1 (F minor, Op. 10) - 5
2 (B major, Op. 14) - 4 (-1)
3 (E-flat major, Op. 20) - 5
4 (C minor, Op. 43) - 5
5 (D minor, Op. 47) - 5 (+1)
6 (B minor, Op. 54) - 5
7 (C major, Op. 60) - 5
8 (C minor, Op. 65) - 5
9 (E-flat major, Op. 70) - 5
10 (E minor, Op. 93) - 4
11 (G minor, Op. 103) - 5
12 (D minor, Op. 112) - 5
13 (B-flat minor, Op. 113) - 5
14 (Op. 135) - 6 
15 (A major, Op. 141) - 4 (-1)


----------



## science (Oct 14, 2010)

After supertonic: 

10 + / 7 - / 11 -

1 (F minor, Op. 10) - 5
2 (B major, Op. 14) - 4
3 (E-flat major, Op. 20) - 5
4 (C minor, Op. 43) - 5
5 (D minor, Op. 47) - 5
6 (B minor, Op. 54) - 5
7 (C major, Op. 60) - 4 (-1)
8 (C minor, Op. 65) - 5
9 (E-flat major, Op. 70) - 5
10 (E minor, Op. 93) - 5 (+1)
11 (G minor, Op. 103) - 4 (-1)
12 (D minor, Op. 112) - 5
13 (B-flat minor, Op. 113) - 5
14 (Op. 135) - 6 
15 (A major, Op. 141) - 4


----------



## SuperTonic (Jun 3, 2010)

I've never participated in one of these games before.
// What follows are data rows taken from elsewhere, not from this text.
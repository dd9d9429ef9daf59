-- ===== src/Matching/Queue/Worker.antt =====
-- One round of a match worker (src/lib/matching/initialAiMatchQueue.ts): recover what a dead worker
-- left, pick the next due item, claim it, score it, and write the outcome.
use internship_pilot.Prelude.{
  ℕ, ◌+◌, ◌&&◌, Bool, true, false, Option, none, some, String, str_eq, leb, ◌==◌, if◌then◌else◌,
}
use internship_pilot.Database.{Table}
use internship_pilot.Program.{
  Program, Result, ok, err, Failure, match_error, database, ◌>>=◌, ◌>>◌, return, throw, catch, each,
}
use internship_pilot.Matching.Queue.{
  state_eq, QueueItem, JobScoring, initial_match_type, max_attempts, Store, update_item, update_job,
  update_both, match_is_taken,
}
use internship_pilot.Matching.Queue.Codes.{safe_error_code}
use internship_pilot.Matching.Queue.Item.{
  PersistedMatch, is_complete_automatic_match, Services, hash_is_current, retry_delay, is_abandoned,
  is_due, is_earlier, interrupted, retired, claimed, finished, failed, is_retryable,
}

module _ (Q : Table QueueItem) (J : Table JobScoring) (env : Services) where
  abbrev Action : Type 0 → Type 0
  Action A = Program (Store Q J) A

  unfoldable pub recover_one : ℕ → String × QueueItem → Action (Unit {0})
  recover_one now (id, r) =
      let terminal = leb max_attempts r.attempt_count in
      update_both Q J id (interrupted now) r.job_id (λ j. record j {
        scoring_state = if terminal then "FAILED" else "RETRYABLE_FAILED";
        scoring_error = some "WORKER_INTERRUPTED";
      })

  unfoldable pub recover_abandoned : ℕ → Action (Unit {0})
  unfolding recover_one
  recover_abandoned now s =
      each (recover_one now) (Q.find_many (λ k r. is_abandoned now r) s.queue) s

  -- `updateMany({ where: { id, state: item.state, nextAttemptAt: { lte: now } }, … })`: the count.
  unfoldable pub claim : ℕ → String → QueueItem → Action ℕ
  claim now id seen s =
      let fits = λ (r : QueueItem). state_eq r.state seen.state && leb r.next_attempt_at now in
      (
        ok (Q.count_at id fits s.queue),
        record s { queue = Q.update_at id fits (claimed now) s.queue },
      )

  unfoldable pub finish : ℕ → String → String → String → Action (Unit {0})
  finish now id job_id match_id s =
      if match_is_taken Q J id match_id s
      then (err (database "P2002"), s)
      else update_both Q J id (finished now match_id) job_id
          (λ j. record j {
            scoring_state = "SCORED";
            scoring_finished_at = some now;
            scoring_error = none;
          })
          s

  -- The `catch` branch.
  unfoldable pub record_failure : ℕ → String → String → ℕ → Failure → Action (Unit {0})
  record_failure now id job_id attempt e =
      let retryable = is_retryable e attempt in
      let next = if retryable then now + retry_delay attempt else now in
      update_both Q J id (failed now retryable next (safe_error_code e)) job_id (λ j. record j {
        scoring_state = if retryable then "RETRYABLE_FAILED" else "FAILED";
        scoring_finished_at = some now;
        scoring_error = some (safe_error_code e);
      })

  abbrev pub origin_of : QueueItem → String
  origin_of r = if str_eq r.match_type initial_match_type then "INITIAL_AUTO" else "PROFILE_AUTO"

  -- What the scorer gave: an incomplete result is thrown as an error.
  unfoldable pub accept : ℕ → String → QueueItem → Result PersistedMatch → Action (Unit {0})
  unfolding finish
  accept now id r (err e) = throw e
  accept now id r (ok m) =
      if is_complete_automatic_match env.valid_json_array m (origin_of r)
      then finish now id r.job_id m.id
      else throw (match_error "MODEL_RESPONSE_INVALID" 502)

  -- The `try` block: an initial match is made once, a refresh ignores the old score.
  unfoldable pub score_item : ℕ → String → QueueItem → String → Option String → Action (Unit {0})
  unfolding accept
  score_item now id r user none = accept now id r (env.scorer r.job_id user (origin_of r))
  score_item now id r user (some match_id) =
      if str_eq r.match_type initial_match_type
      then finish now id r.job_id match_id
      else accept now id r (env.scorer r.job_id user (origin_of r))

  abbrev pub started : ℕ → JobScoring → JobScoring
  started now j = record j {
    scoring_state = "SCORING";
    scoring_started_at = some now;
    scoring_heartbeat_at = some now;
    scoring_error = none;
  }

  -- The whole `try … catch`.
  abbrev pub score_or_record : ℕ → String → QueueItem → String → Action (Unit {0})
  score_or_record now id r user =
      catch (score_item now id r user (env.existing_match user r.job_id))
        (record_failure now id r.job_id (r.attempt_count + 1))

  unfoldable pub run_claimed : ℕ → String → QueueItem → String → Action Bool
  unfolding score_item record_failure
  run_claimed now id r user = do
    update_job Q J r.job_id (started now)
    score_or_record now id r user
    return true

  unfoldable pub claim_and_run : ℕ → String → QueueItem → String → Action Bool
  unfolding claim run_claimed
  claim_and_run now id r user = do
    count ← claim now id r
    if count == 0 then return true else run_claimed now id r user

  abbrev pub retire : ℕ → String → String → Action Bool
  retire now id reason = update_item Q J id (retired now reason) >> return true

  -- By the owner of the item.
  unfoldable pub process_owned : ℕ → String → QueueItem → Option String → Action Bool
  unfolding claim_and_run
  process_owned now id r none = retire now id "OWNER_UNKNOWN"
  process_owned now id r (some user) =
      if str_eq r.match_type initial_match_type
      then claim_and_run now id r user
      else if hash_is_current (env.refresh_hash r.match_type) (env.profile_revision user)
      then claim_and_run now id r user
      else retire now id "PROFILE_REVISION_SUPERSEDED"

  unfoldable pub find_due : ℕ → Action (Option (String × QueueItem))
  find_due now s = (ok (Q.find_first (λ k r. is_due now r) is_earlier s.queue), s)

  unfoldable pub process_found : ℕ → Option (String × QueueItem) → Action Bool
  unfolding process_owned
  process_found now none = return false
  process_found now (some (id, r)) = process_owned now id r r.user_id

  unfoldable pub process_due : ℕ → Action Bool
  unfolding find_due process_found
  process_due now = do item ← find_due now; process_found now item

  unfoldable pub process_next : ℕ → Action Bool
  unfolding recover_abandoned process_due
  process_next now = recover_abandoned now >> process_due now
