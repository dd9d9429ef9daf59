-- ===== src/Matching/Queue/Claims.antt =====
-- Claims of one item by several workers, and what is written after a failure.
use internship_pilot.Prelude.{
  ℕ, ◌+◌, ◌*◌, ◌^◌, ◌≤◌, ◌<◌, ◌≡◌, ◌≢◌, ◌↔◌, refl, ap, ◌∙◌, arith, ◌&&◌, Bool, true, false, Option,
  none, some, List, [], ◌∷◌, String, str_eq, leb, Bool-cases, inl, inr, if◌then◌else◌, is_some,
}
use internship_pilot.Database.{Table, hits, patched}
use internship_pilot.Database.Laws.{update_at_self}
use internship_pilot.Program.{ok, Failure}
use internship_pilot.Matching.Queue.{
  retryable_failed, permanent_failed, is_claimable, state_eq, QueueItem, JobScoring, max_attempts,
  Store, update_both,
}
use internship_pilot.Matching.Queue.Codes.{safe_error_code, is_transient}
use internship_pilot.Matching.Queue.Item.{
  Services, failed, worker_concurrency, claimed, is_retryable, retry_delay,
}
use internship_pilot.Matching.Queue.Worker.{claim, record_failure}

-- At most two workers run, and a second one only with eight gigabytes of free memory.
pub worker_concurrency_bounds :
    (configured : Option ℕ) (free_memory : ℕ)
    → (1 ≤ worker_concurrency configured free_memory)
      × (worker_concurrency configured free_memory ≤ 2)
      × (worker_concurrency configured free_memory ≡ 2 → 8 * 1024 ^ 3 ≤ free_memory)
unfolding worker_concurrency
worker_concurrency_bounds configured free_memory = (ground arith, ground arith, ground arith)

fits_hits :
    (w : QueueItem → Bool) (o : Option QueueItem)
    → hits w o ≢ 0
    → (r : QueueItem) × (o ≡ some r) × (w r ≡ true)
fits_hits w none h = absurd (h refl)
fits_hits w (some r) h = (r, refl, ground arith)

module _ (Q : Table QueueItem) (J : Table JobScoring) (env : Services) where
  -- The item stands in the queue, and waits for nobody.
  abbrev pub IsTaken : String → Store Q J → Type 0
  IsTaken id s =
      (r : QueueItem) × (Q.find_unique id s.queue ≡ some r) × (is_claimable r.state ≡ false)

  -- The claims of several workers, each of an item as its worker saw it, one after the other.
  abbrev pub after_claims : List (ℕ × String × QueueItem) → Store Q J → Store Q J
  after_claims [] s = s
  after_claims ((now, id, seen) ∷ rest) s = after_claims rest (claim Q J env now id seen s).1

  claim-IsTaken :
      (now : ℕ) (id : String) (seen : QueueItem) (s : Store Q J)
      → (claim Q J env now id seen s).0 ≢ ok 0
      → IsTaken id (claim Q J env now id seen s).1
  unfolding claim
  claim-IsTaken now id seen s won =
      let fits = λ (r : QueueItem). state_eq r.state seen.state && leb r.next_attempt_at now in
      let (r, e, y) =
        fits_hits fits (Q.find_unique id s.queue)
          (λ z. won (ap ok (Q.count_at_hits id fits s.queue ∙ z))) in
      (claimed now r, update_at_self Q id fits (claimed now) s.queue ∙ (rw e (rw y)), refl)

  patched-IsTaken :
      (w : QueueItem → Bool) (now : ℕ) (r : QueueItem)
      → is_claimable r.state ≡ false
      → (q : QueueItem) × (patched w (claimed now) (some r) ≡ some q)
        × (is_claimable q.state ≡ false)
  patched-IsTaken w now r h = elim (Bool-cases (w r)) [
    | inl y ↦ (claimed now r, rw y refl, refl)
    | inr n ↦ (r, rw n refl, h)
  ]

  claim-keeps-IsTaken :
      (now : ℕ) (id other : String) (seen : QueueItem) (s : Store Q J)
      → IsTaken id s
      → IsTaken id (claim Q J env now other seen s).1
  unfolding claim
  claim-keeps-IsTaken now id other seen s (r, e, h) =
      let fits = λ (q : QueueItem). state_eq q.state seen.state && leb q.next_attempt_at now in
      let at_row = Q.update_at-find_unique other fits (claimed now) s.queue id in
      elim (Bool-cases (str_eq id other)) [
        | inl same ↦
            let (q, f, k) = patched-IsTaken fits now r h in (q, at_row ∙ (rw same (rw e f)), k)
        | inr differ ↦ (r, at_row ∙ (rw differ e), h)
      ]

  after_claims-IsTaken :
      (id : String) (others : List (ℕ × String × QueueItem)) (s : Store Q J)
      → IsTaken id s
      → IsTaken id (after_claims others s)
  after_claims-IsTaken id [] s h = h
  after_claims-IsTaken id ((now, other, seen) ∷ rest) s h =
      after_claims-IsTaken id rest (claim Q J env now other seen s).1
        (claim-keeps-IsTaken now id other seen s h)

  IsTaken-claim :
      (later : ℕ) (id : String) (stale : QueueItem) (s : Store Q J)
      → is_claimable stale.state ≡ true
      → IsTaken id s
      → (claim Q J env later id stale s).0 ≡ ok 0
  unfolding claim
  IsTaken-claim later id stale s waiting (r, e, h) =
      let again = λ (q : QueueItem). state_eq q.state stale.state && leb q.next_attempt_at later in
      ap ok (Q.count_at_hits id again s.queue ∙ (rw e (ground arith)))

  -- Of the workers that read an item as waiting, one claims it: after a claim that counted a row,
  -- and after any further claims of this and of other items, a claim of that item counts none, by
  -- whatever waiting state and time its worker saw. Between these claims nothing else is written.
  pub claim_once :
      (now later : ℕ) (id : String) (seen stale : QueueItem)
      (others : List (ℕ × String × QueueItem)) (s : Store Q J)
      → is_claimable stale.state ≡ true
      → (claim Q J env now id seen s).0 ≢ ok 0
      → (claim Q J env later id stale (after_claims others (claim Q J env now id seen s).1)).0
        ≡ ok 0
  claim_once now later id seen stale others s waiting won = IsTaken-claim later id stale _ waiting (
      after_claims-IsTaken id others (claim Q J env now id seen s).1
        (claim-IsTaken now id seen s won))

  update_both_item :
      (id : String) (f : QueueItem → QueueItem) (job_id : String) (g : JobScoring → JobScoring)
      (s : Store Q J) (r : QueueItem)
      → Q.find_unique id s.queue ≡ some r
      → is_some (J.find_unique job_id s.jobs) ≡ true
      → Q.find_unique id (update_both Q J id f job_id g s).1.queue ≡ some (f r)
  unfolding update_both
  update_both_item id f job_id g s r e j =
      rw (j, update_both) (rw e (update_at_self Q id (λ _. true) f s.queue ∙ (rw e)))

  -- After a failed attempt the item waits for a retry exactly when the failure is transient and the
  -- attempt was not the third, one minute after the first attempt and five after the second;
  -- otherwise it has failed for good. Its lock is gone, and only the safe code is kept.
  pub record_failure_cases :
      (now : ℕ) (id job_id : String) (attempt : ℕ) (e : Failure) (s : Store Q J) (r : QueueItem)
      → Q.find_unique id s.queue ≡ some r
      → is_some (J.find_unique job_id s.jobs) ≡ true
      → (q : QueueItem) × (Q.find_unique id
            (record_failure Q J env now id job_id attempt e s).1.queue
          ≡ some q)
        × (q.locked_at ≡ none)
        × (q.last_error_code ≡ some (safe_error_code e))
        × (q.attempt_count ≡ r.attempt_count)
        × ((q.state ≡ retryable_failed)
            ↔ ((is_transient e (safe_error_code e) ≡ true) × (attempt < max_attempts)))
        × (q.state ≡ retryable_failed → q.next_attempt_at ≡ now + retry_delay attempt)
        × (q.state ≢ retryable_failed → (q.state ≡ permanent_failed) × (q.completed_at ≡ some now))
  unfolding record_failure is_retryable
  record_failure_cases now id job_id attempt e s r f j =
      let next = if is_retryable e attempt then now + retry_delay attempt else now in
      (
        failed now (is_retryable e attempt) next (safe_error_code e) r,
        update_both_item id _ job_id _ s r f j,
        ground arith,
        ground arith,
        ground arith,
        (λ h. (ground arith, ground arith), λ h. ground arith),
        λ h. ground arith,
        λ h. (ground arith, ground arith),
      )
How often are we allowed to vote?


----------



## Delicious Manager (Jul 16, 2008)

1 (F minor, Op. 10) - 5
2 (B major, Op. 14) - 4
3 (E-flat major, Op. 20) - 4 (-1)
4 (C minor, Op. 43) - 5
5 (D minor, Op. 47) - 5
6 (B minor, Op. 54) - 5
7 (C major, Op. 60) - 4
8 (C minor, Op. 65) - 5
9 (E-flat major, Op. 70) - 5
10 (E minor, Op. 93) - 6 (+1)
11 (G minor, Op. 103) - 4
12 (D minor, Op. 112) - 4 (-1)
13 (B-flat minor, Op. 113) - 5
14 (Op. 135) - 6
15 (A major, Op. 141) - 4


----------



## Trout (Apr 11, 2011)

SuperTonic said:


> I've never participated in one of these games before. How often are we allowed to vote?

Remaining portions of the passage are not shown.